Analysis of the spectral signatures of the water, sediment, and vegetation classes allowed the identification of bands in which the spectral differences between the three classes are greatest. In red (B4), green (B3) and blue (B2) bands, water and vegetation have similar reflectance but can be distinguished from sediment. In the B8 band of the NIR, water and vegetation are clearly distinguishable while sediments are usually not distinguishable from vegetation. In the SWIR, B11 and B12 allow to distinguish fairly well all the classes. The FCIs composed of the B11, B8 and B4 bands resulted to bring out the differences between the three classes particularly well.

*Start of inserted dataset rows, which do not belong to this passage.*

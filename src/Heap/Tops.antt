-- ===== src/Heap/Tops.antt =====
-- `pop` and `push_pop` of dpark/utils/heaponkey.py: what they take is on top of the rest.
use dpark.Common.{
  ℕ, zero, suc, ◌+◌, ◌<◌, ◌≡◌, refl, sym, ap, ◌∙◌, Bool, false, List, [], ◌∷◌, ◌++◌, length, get_or,
  ◌==◌, if◌then◌else◌, ok, arith, Bool-cases, inl, inr,
}
use mathlib.Core.Path.{subst}
use dpark.Heap.{parent_of, sift_up, split_last, pop, push_pop}
use dpark.Heap.Order.{total, total-append, IsOrder, IsHeap}
use dpark.Heap.Down.{parent-lt}
use dpark.Heap.Swap.{placed}
use dpark.Heap.Up.{IsSifted, sift_up-IsSifted}

module _ {A : Type 0} (cmp_lt : A → A → Bool) (Above : A → A → Type 0)
    (order : IsOrder cmp_lt Above) (default : A) where
  -- an item may stand above all items of a list
  abbrev pub IsOnTop : A → List A → Type 0
  IsOnTop x h = (i : ℕ) → i < length h → Above x (get_or h i default)

  top_down :
      (n : ℕ) (h : List A)
      → IsHeap Above default h
      → (i : ℕ) → i < n
      → i < length h
      → Above (get_or h 0 default) (get_or h i default)
  top_down zero h g i m l = absurd (omega (arith, m))
  top_down (suc n) h g zero m l = order.reflexive (get_or h 0 default)
  top_down (suc n) h g (suc i) m l =
      let lt = parent-lt (suc i) (omega arith) in
      order.transitive (get_or h 0 default) (get_or h (parent_of (suc i)) default)
        (get_or h (suc i) default)
        (top_down n h g (parent_of (suc i)) (omega (arith, lt, m)) (omega (arith, lt, l)))
        (g (suc i) (omega arith) l)

  pub heap-IsOnTop : (x : A) (xs : List A) → IsHeap Above default (x ∷ xs) → IsOnTop x (x ∷ xs)
  heap-IsOnTop x xs g i l = top_down (suc i) (x ∷ xs) g i (omega arith) l

  -- the first item is replaced, and sifted
  abbrev replaced : A → A → List A → List A
  replaced x y xs = sift_up cmp_lt default (length (x ∷ xs)) (y ∷ xs) 0

  replaced-IsSifted :
      (x y : A) (xs : List A)
      → IsHeap Above default (x ∷ xs)
      → IsSifted cmp_lt Above order default 0 (y ∷ xs) (replaced x y xs)
  replaced-IsSifted x y xs g =
      sift_up-IsSifted cmp_lt Above order default (length (x ∷ xs)) 0 (y ∷ xs) 0 (omega arith)
        (record {
          others = λ i p q m n.
              placed cmp_lt Above order default (sym (at_other (parent_of i) n))
                (sym (at_other i (ground (arith, p)))) (g i p q);
          over = λ i p q e r m. absurd (omega (arith, r));
        })
    where
      at_other : (j : ℕ) → (j == 0) ≡ false → get_or (y ∷ xs) j default ≡ get_or (x ∷ xs) j default
      at_other zero h = cc h
      at_other (suc j) h = refl

  under_any :
      (P : A → Type 0) (y x : A) (ys : List A)
      → ((i : ℕ) → i < length (y ∷ ys) → P (get_or (y ∷ ys) i default))
      → P x
      → (i : ℕ) → i < length (x ∷ ys)
      → P (get_or (x ∷ ys) i default)
  under_any P y x ys a b zero q = b
  under_any P y x ys a b (suc i) q = a (suc i) q

  under : (y x : A) (ys : List A) → IsOnTop y (y ∷ ys) → Above y x → IsOnTop y (x ∷ ys)
  under y x ys t u = under_any (Above y) y x ys t u

  -- what `push_pop` of `x` onto `h` gives back and leaves
  pub record IsDropped (h : List A) (x : A) (r : A × List A) : Type 0 where
    pub heap : IsHeap Above default r.1
    pub size : length r.1 ≡ length h
    pub items : (f : A → ℕ) → total f r.1 + f r.0 ≡ total f h + f x
    pub on_top : IsOnTop r.0 r.1
    pub below : (d : A) → IsOnTop d h → IsOnTop d r.1

  -- `push_pop` leaves a heap of as many items: with the item that it gives back these are the items
  -- of the heap and the new one, and that item may stand above all that are left, for a heap that is
  -- not empty and a `cmp_lt` that decides an order.
  pub push_pop-IsDropped :
      (h : List A) (x : A)
      → IsHeap Above default h
      → 0 < length h
      → IsDropped h x (push_pop cmp_lt default h x)
  unfolding push_pop
  push_pop-IsDropped [] x g l = absurd (omega (arith, l))
  push_pop-IsDropped (y ∷ ys) x g l =
      let s = replaced-IsSifted y x ys g in
      let top = heap-IsOnTop y ys g in
      elim (Bool-cases (cmp_lt y x)) [
        | inl c ↦
            let r : A × List A = (y, replaced y x ys) in
            subst (λ z. IsDropped (y ∷ ys) x (if z then r else (x, y ∷ ys))) (sym c)
              (record {
                heap = λ i p q. s.heap i p q (omega arith);
                size = s.size;
                items = λ f. omega (arith, s.items f);
                on_top = s.every (Above y) (under y x ys top (order.of_true y x c));
                below = λ d a. s.every (Above d) (
                    under_any (Above d) y x ys a
                      (order.transitive d y x (a 0 (omega (arith, l))) (order.of_true y x c)));
              })
        | inr c ↦
            let r : A × List A = (y, replaced y x ys) in
            subst (λ z. IsDropped (y ∷ ys) x (if z then r else (x, y ∷ ys))) (sym c)
              (record {
                heap = g;
                size = refl;
                items = λ f. refl;
                on_top = λ i q.
                    order.transitive x y (get_or (y ∷ ys) i default) (order.of_false y x c)
                      (top i q);
                below = λ d a. a;
              })
      ]

  split_last-append :
      (x : A) (xs : List A) → (split_last x xs).0 ++ (split_last x xs).1 ∷ [] ≡ x ∷ xs
  split_last-append x [] = refl
  split_last-append x (y ∷ ys) = ap (λ z. x ∷ z) (split_last-append y ys)

  at_start :
      (l : List A) (x : A) (i : ℕ)
      → i < length l
      → get_or (l ++ x ∷ []) i default ≡ get_or l i default
  at_start [] x i h = absurd (omega (arith, h))
  at_start (y ∷ l) x zero h = refl
  at_start (y ∷ l) x (suc i) h = at_start l x i (omega (arith, h))

  at_end : (l : List A) (x : A) → get_or (l ++ x ∷ []) (length l) default ≡ x
  at_end [] x = refl
  at_end (y ∷ l) x = at_end l x

  length-end : (l : List A) (x : A) → length (l ++ x ∷ []) ≡ length l + 1
  length-end [] x = refl
  length-end (y ∷ l) x = omega (arith, length-end l x)

  start-IsHeap : (l : List A) (x : A) → IsHeap Above default (l ++ x ∷ []) → IsHeap Above default l
  start-IsHeap l x g i p q =
      placed cmp_lt Above order default
        (at_start l x (parent_of i) (omega (arith, parent-lt i p, q))) (at_start l x i q)
        (g i p (omega (arith, q, length-end l x)))

  -- what `pop` leaves, of a heap with `x` as its first item
  pub record IsPopped (x : A) (xs h : List A) : Type 0 where
    heap : IsHeap Above default h
    items : (f : A → ℕ) → total f h + f x ≡ total f (x ∷ xs)
    on_top : IsOnTop x h

  pop_rest :
      (x : A) (rest : List A) (last : A) (ys : List A)
      → rest ++ last ∷ [] ≡ ys
      → IsHeap Above default (x ∷ ys)
      → IsPopped x ys (replaced x last rest)
  pop_rest x rest last ys e g =
      let h : IsHeap Above default (x ∷ rest) =
        start-IsHeap (x ∷ rest) last (subst (λ z. IsHeap Above default (x ∷ z)) (sym e) g) in
      let s = replaced-IsSifted x last rest h in
      let top = heap-IsOnTop x ys g in
      let u : Above x last =
        subst (Above x) (ap (λ z. get_or z (length rest) default) (sym e) ∙ at_end rest last)
          (top (suc (length rest)) (omega (arith, length-end rest last, ap length e))) in
      record {
        heap = λ i p q. s.heap i p q (omega arith);
        items = λ f. omega (arith, s.items f, total-append f rest (last ∷ []), ap (total f) e);
        on_top = s.every (Above x) (under x last rest (heap-IsOnTop x rest h) u);
      }

  -- `pop` takes the first item of a heap, which may stand above all others, and leaves a heap of
  -- just the others, for a `cmp_lt` that decides an order.
  pub pop-IsPopped :
      (x : A) (xs : List A)
      → IsHeap Above default (x ∷ xs)
      → (h : List A) × (pop cmp_lt default (x ∷ xs) ≡ ok (x, h)) × IsPopped x xs h
  unfolding pop
  pop-IsPopped x [] g = (
    [],
    refl,
    record {
      heap = λ i p q. absurd (omega (arith, q));
      items = λ f. omega arith;
      on_top = λ i q. absurd (omega (arith, q));
    },
  )
  pop-IsPopped x (y ∷ ys) g =
      let s = split_last y ys in
      (replaced x s.1 s.0, refl, pop_rest x s.0 s.1 (y ∷ ys) (split_last-append y ys) g)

With FCIs it is possible to identify the three flowing status: continuous flow, disconnected pools and ponds and dry bed. Comparison with very high-resolution images and field observations showed very good agreement between estimated and actual flowing status. The analyses showed that wet channel or ponds are distinguishable if they are larger than 6 or 15 m in size. The random alignment between the water feature and the pixel determines whether the lower or the higher limit of the two applies.

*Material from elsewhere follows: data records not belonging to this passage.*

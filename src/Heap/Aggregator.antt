-- ===== src/Heap/Aggregator.antt =====
-- `HeapAggregator` of dpark/dependency.py, which keeps the items of a key that come first, as many
-- as its limit says, in a heap of dpark/utils/heaponkey.py with the last of them on top.
use dpark.Common.{
  ℕ, ◌+◌, ◌≤◌, ◌<◌, ◌≡◌, refl, sym, ap, Bool, List, [], ◌∷◌, length, leb, if◌then◌else◌, arith,
  Bool-cases, inl, inr, ◌⊎◌, min,
}
use mathlib.Core.Path.{subst}
use dpark.Dependency.{Aggregator}
use dpark.Heap.{push, push_pop}
use dpark.Heap.Order.{total, IsOrder, IsHeap}
use dpark.Heap.Down.{push-IsHeap}
use dpark.Heap.Tops.{IsOnTop, push_pop-IsDropped}

module _ {A : Type 0} (cmp_lt : A → A → Bool) (default : A) (heap_limit : ℕ) where
  -- `mergeValue`, and the body of the loop of `mergeCombiners`
  unfoldable pub keep_value : List A → A → List A
  unfolding push push_pop
  keep_value s x =
      if leb heap_limit (length s) then (push_pop cmp_lt default s x).1 else push cmp_lt default s x

  -- the loop of `mergeCombiners`
  unfoldable pub keep_values : List A → List A → List A
  unfolding keep_value
  keep_values x [] = x
  keep_values x (item ∷ y) = keep_values (keep_value x item) y

  abbrev pub heap_aggregator : Aggregator A (List A)
  heap_aggregator = record {
    create_combiner = λ x. x ∷ [];
    merge_value = keep_value;
    merge_combiners = keep_values;
  }

module _ {A : Type 0} (cmp_lt : A → A → Bool) (Above : A → A → Type 0)
    (order : IsOrder cmp_lt Above) (default : A) (heap_limit : ℕ) where
  -- each item of the first list may stand above each of the second one
  abbrev pub AllOnTop : List A → List A → Type 0
  AllOnTop [] kept = Unit
  AllOnTop (d ∷ ds) kept = IsOnTop cmp_lt Above order default d kept × AllOnTop ds kept

  -- Of the items `all`, the heap `kept` has as many as the limit allows and `dropped` the others,
  -- and none of those comes before one that is kept.
  pub record IsBest (all kept dropped : List A) : Type 0 where
    pub heap : IsHeap Above default kept
    pub size : length kept ≡ min heap_limit (length all)
    pub items : (f : A → ℕ) → total f kept + total f dropped ≡ total f all
    pub full : (dropped ≡ []) ⊎ (heap_limit ≤ length kept)
    pub on_top : AllOnTop dropped kept

  AllOnTop-below :
      (ds kept kept' : List A)
      → ((d : A)
          → IsOnTop cmp_lt Above order default d kept
          → IsOnTop cmp_lt Above order default d kept')
      → AllOnTop ds kept
      → AllOnTop ds kept'
  AllOnTop-below [] kept kept' f a = tt
  AllOnTop-below (d ∷ ds) kept kept' f a = (f d a.0, AllOnTop-below ds kept kept' f a.1)

  keep_value-IsBest :
      (all kept dropped : List A) (x : A)
      → 0 < heap_limit
      → IsBest all kept dropped
      → (dropped' : List A) × IsBest
          (x ∷ all)
          (keep_value cmp_lt default heap_limit kept x)
          dropped'
  unfolding keep_value
  keep_value-IsBest all kept dropped x pos b = elim (Bool-cases (leb heap_limit (length kept))) [
    | inl c ↦
        let l : heap_limit ≤ length kept = ground arith in
        let r = push_pop cmp_lt default kept x in
        let p =
          push_pop-IsDropped cmp_lt Above order default kept x b.heap (omega (arith, l, pos)) in
        (
          r.0 ∷ dropped,
          subst
              (λ z.
                IsBest (x ∷ all) (if z then r.1 else push cmp_lt default kept x) (r.0 ∷ dropped))
              (sym c)
              (record {
                heap = p.heap;
                size = omega (arith, p.size, b.size, l);
                items = λ f. omega (arith, p.items f, b.items f);
                full = inr (omega (arith, p.size, l));
                on_top = (p.on_top, AllOnTop-below dropped kept r.1 p.below b.on_top);
              }),
        )
    | inr c ↦
        let l : length kept < heap_limit = ground arith in
        let (heap, size, items) = push-IsHeap cmp_lt Above order default kept x b.heap in
        let e : dropped ≡ [] = elim b.full [ inl y ↦ y | inr y ↦ absurd (omega (arith, l, y)) ] in
        let r = push_pop cmp_lt default kept x in
        (
          [],
          subst (λ z. IsBest (x ∷ all) (if z then r.1 else push cmp_lt default kept x) []) (sym c)
              (record {
                heap = heap;
                size = omega (arith, size, b.size, l);
                items = λ f. omega (arith, items f, b.items f, ap (total f) e);
                full = inl refl;
                on_top = tt;
              }),
        )
  ]

  -- the items in the order in which they are merged last
  abbrev pub merged : List A → List A → List A
  merged all [] = all
  merged all (x ∷ xs) = merged (x ∷ all) xs

  keep_values-IsBest :
      (items all kept dropped : List A)
      → 0 < heap_limit
      → IsBest all kept dropped
      → (dropped' : List A) × IsBest
          (merged all items)
          (keep_values cmp_lt default heap_limit kept items)
          dropped'
  unfolding keep_values
  keep_values-IsBest [] all kept dropped pos b = (dropped, b)
  keep_values-IsBest (x ∷ items) all kept dropped pos b =
      let (d, b') = keep_value-IsBest all kept dropped x pos b in
      keep_values-IsBest items (x ∷ all) (keep_value cmp_lt default heap_limit kept x) d pos b'

  -- `HeapAggregator` with a first item and then others merged one by one keeps a heap of just as
  -- many items as its limit allows, and drops only items that do not come before one it keeps, for
  -- a limit above zero and a `cmp_lt` that decides an order.
  pub heap_aggregator-IsBest :
      (x : A) (items : List A)
      → 0 < heap_limit
      → (dropped : List A) × IsBest
          (merged (x ∷ []) items)
          (keep_values cmp_lt default heap_limit (x ∷ []) items)
          dropped
  heap_aggregator-IsBest x items pos = keep_values-IsBest items (x ∷ []) (x ∷ []) [] pos (record {
    heap = λ i p q. absurd (omega (arith, p, q));
    size = omega (arith, pos);
    items = λ f. omega arith;
    full = inl refl;
    on_top = tt;
  })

The set of flowing status derived from the FCIs was used to calibrate random forest models capable of predicting the flowing status on a daily basis. Two types of binary models were implemented, the first was used to distinguish between “flowing” and “non-flowing” phases and the second further detailed the "non-flowing" phase by separating between "ponding" and "dry" phases. Several rainfall and temperature variables were tested as model predictors. Among these, the cumulative rainfall (R90, R30, R10) and temperature (T90_MAX, T90_MEAN, T30_MAX) with higher temporal scales resulted in the most relevant predictors for considered RF models. Our analysis revealed that locally calibrated RF models generally performed better for assessing the duration of flowing status in NPRs, nevertheless Global Models can be developed for multiple rivers reaches characterized by kindred hydro-climatic contexts.

The daily series of flowing status allow the estimation of the degree of temporariness of rivers through, for example, the duration of the "dry" and the "non-flowing" periods. In the study reaches of the Sciarapotamo and Lambro streams, the average duration of “non-flowing” resulted equal to about 4 months, with the “dry” period varying between 28 and 149 days. The upstream reach of the Mingardo stream resulted never “dry” and the “non-flowing” period ranged between 5 and 113 days. For the downstream Mingardo reach, the “non-flowing” period ranged from 32 and 192 days and the “dry” one was between 7 and 191 days.

The methodology developed in this work can make a crucial contribution to the identification and mapping water presence in non-perennial rivers and the estimation of the frequency and duration of each flowing status (flowing, ponding, dry). The free and global coverage of the source data, Sentinel-2 satellite mission imagery, and the easy-to-use method, may allow a cost-effective application in different river reaches worldwide.